# Subwoofer Positioning choise



## neo_2009 (Nov 13, 2009)

I've bought a new Subwoofer, a SVS PB1000, and this time, i want to use REW in order to select the best positioning for the Sub.

As i will use an Antimode-Cinema to calibrate it, and according to the Antimode manual, i should select the place where i would get the less NULLS, as the Antimode takes care of the PEAKS.

So, i've used REW to generate the SPL charts for three positions:
- Left corner (A), Right Corner (C), and Center (B).

First, a photo of the place (with the previous sub):
NOTE: Position C isn't accurate marked, although it cant be seen, the real position is 5cm away from the right wall.



The graphs of the measures of the three positions:
- Green is the Left Corner (Position A)
- Red is the Center (Position B)
- Blue is the Right Corner (Position C).



The graphs of the Left VS Right Corners:



The Waterfall for the Right Corner:




The Waterfall for the Left Corner:


----------



## neo_2009 (Nov 13, 2009)

Based on those measures, and considering i will be using an Antimode, what is the best position to place the sub?

- Right Corner?
or
- Left Corner ?


----------



## neo_2009 (Nov 13, 2009)

If needed, my REW file can be downloaded here : https://cloudpt.pt/link/dd41f2af-e4e2-4ebc-a436-a4149f0d9b1f/Full_Measures.mdat


----------



## JohnM (Apr 11, 2006)

Looking at the waterfalls in that measurement you have a very lively room with very little damping.
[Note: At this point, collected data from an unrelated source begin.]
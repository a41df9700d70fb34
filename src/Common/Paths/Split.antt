-- ===== src/Common/Paths/Split.antt =====
-- Splitting at slashes and joining again.
use mathlib.Core.List.{append_assoc}
use fylane.Common.Tests.{nat_beq, nat_beq_iff, Bool-cases, and_true}
use fylane.Common.Lists.{All}
use Prim.Native.Nat.{ℕ}
use mathlib.Core.Path.{◌≡◌, refl, sym, ap, ap₂, ◌∙◌}
use mathlib.Core.Logic.{◌≢◌, inl, inr}
use mathlib.Core.Bool.{true, false, false≢true}
use mathlib.Core.List.{List, [], ◌∷◌, ◌++◌}
use native.Mathlib.Omega.{arith}
use fylane.Common.Text.{Text, has_byte, has_prefix, split_on, cons_head}
use fylane.Common.Paths.{slash, join_words}

-- The words of a path hold no slash.
abbrev pub NoSlash : Text → Type 0
NoSlash w = has_byte slash w ≡ false

split_on-cons : (s : Text) → split_on slash s ≢ []
unfolding split_on
split_on-cons [] e = cc
split_on-cons (c ∷ s) e = ground (arith, split_on-cons s)

cons_head-append :
    (c : ℕ) (ws vs : List Text) → ws ≢ [] → cons_head c (ws ++ vs) ≡ cons_head c ws ++ vs
cons_head-append c [] vs h = absurd (h refl)
cons_head-append c (w ∷ ws) vs h = refl

-- A path splits at each slash.
pub split_on-append :
    (a b : Text) → split_on slash (a ++ slash ∷ b) ≡ split_on slash a ++ split_on slash b
unfolding split_on
split_on-append [] b = refl
split_on-append (c ∷ a) b = elim (Bool-cases (nat_beq c slash)) [
  | inl e ↦ rw e (ap (◌∷◌ []) (split_on-append a b))
  | inr e ↦ rw e (
      ap (cons_head c) (split_on-append a b)
      ∙ cons_head-append c (split_on slash a) (split_on slash b) (split_on-cons a))
]

cons_head-NoSlash :
    (c : ℕ) (ws : List Text)
    → nat_beq c slash ≡ false
    → All NoSlash ws
    → All NoSlash (cons_head c ws)
unfolding has_byte
cons_head-NoSlash c [] h hs = (rw h, tt)
cons_head-NoSlash c (w ∷ ws) h (k, ks) = (rw (h, k), ks)

pub split_on-NoSlash : (s : Text) → All NoSlash (split_on slash s)
unfolding split_on has_byte
split_on-NoSlash [] = (refl, tt)
split_on-NoSlash (c ∷ s) = elim (Bool-cases (nat_beq c slash)) [
  | inl e ↦ rw e (refl, split_on-NoSlash s)
  | inr e ↦ rw e (cons_head-NoSlash c (split_on slash s) e (split_on-NoSlash s))
]

pub split_on_word : (w : Text) → NoSlash w → split_on slash w ≡ w ∷ []
unfolding split_on has_byte
split_on_word [] h = refl
split_on_word (c ∷ w) h = ground (arith, split_on_word w)

-- Words without slashes come back from the path that they make.
pub split_on-join_words :
    (ws : List Text) → ws ≢ [] → All NoSlash ws → split_on slash (join_words ws) ≡ ws
unfolding join_words
split_on-join_words [] h k = absurd (h refl)
split_on-join_words (w ∷ []) h (k, _) = split_on_word w k
split_on-join_words (w ∷ v ∷ ws) h (k, ks) =
    split_on-append w (join_words (v ∷ ws))
    ∙ (rw (split_on_word w k) (ap (◌∷◌ w) (split_on-join_words (v ∷ ws) (λ e. cc) ks)))

pub join_words-append :
    (ws vs : List Text)
    → ws ≢ []
    → vs ≢ []
    → join_words (ws ++ vs) ≡ join_words ws ++ slash ∷ join_words vs
unfolding join_words
join_words-append [] vs h k = absurd (h refl)
join_words-append (w ∷ []) [] h k = absurd (k refl)
join_words-append (w ∷ []) (v ∷ vs) h k = refl
join_words-append (w ∷ u ∷ ws) vs h k =
    ap (λ (t : Text). w ++ slash ∷ t) (join_words-append (u ∷ ws) vs (λ e. cc) k)
    ∙ sym (append_assoc w (slash ∷ join_words (u ∷ ws)) (slash ∷ join_words vs))

pub has_prefix→ : (s p : Text) → has_prefix s p ≡ true → (t : Text) × (s ≡ p ++ t)
unfolding has_prefix
has_prefix→ s [] h = (s, refl)
has_prefix→ [] (d ∷ p) h = absurd (false≢true h)
has_prefix→ (c ∷ s) (d ∷ p) h =
    let (same, rest) = and_true (nat_beq c d) (has_prefix s p) h in
    let (t, e) = has_prefix→ s p rest in (t, ap₂ ◌∷◌ ((nat_beq_iff c d).0 same) e)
The AntiMode is making a valiant attempt with the RC positioning, but not really managing to fully address the dramatic resonances it has to deal with (the smoothing in the plots you posted hides a bit too much). The left position looks a better starting point, but the room would benefit from something to damp it down, even if it is just rugs and well stuffed sofas!


----------



## neo_2009 (Nov 13, 2009)

That's totally correct, the room indeed has numerous resonances, at certain frequencies, the roof vibrates immensely. I suppose its probably because its a roof, with plasterboard ceiling walls, and also due to the emptiness of the room: 


I've tried the antimode on the right corner (for simplicity reasons), and although it helps reducing the vibrations, it still vibrates on certain frequencies. 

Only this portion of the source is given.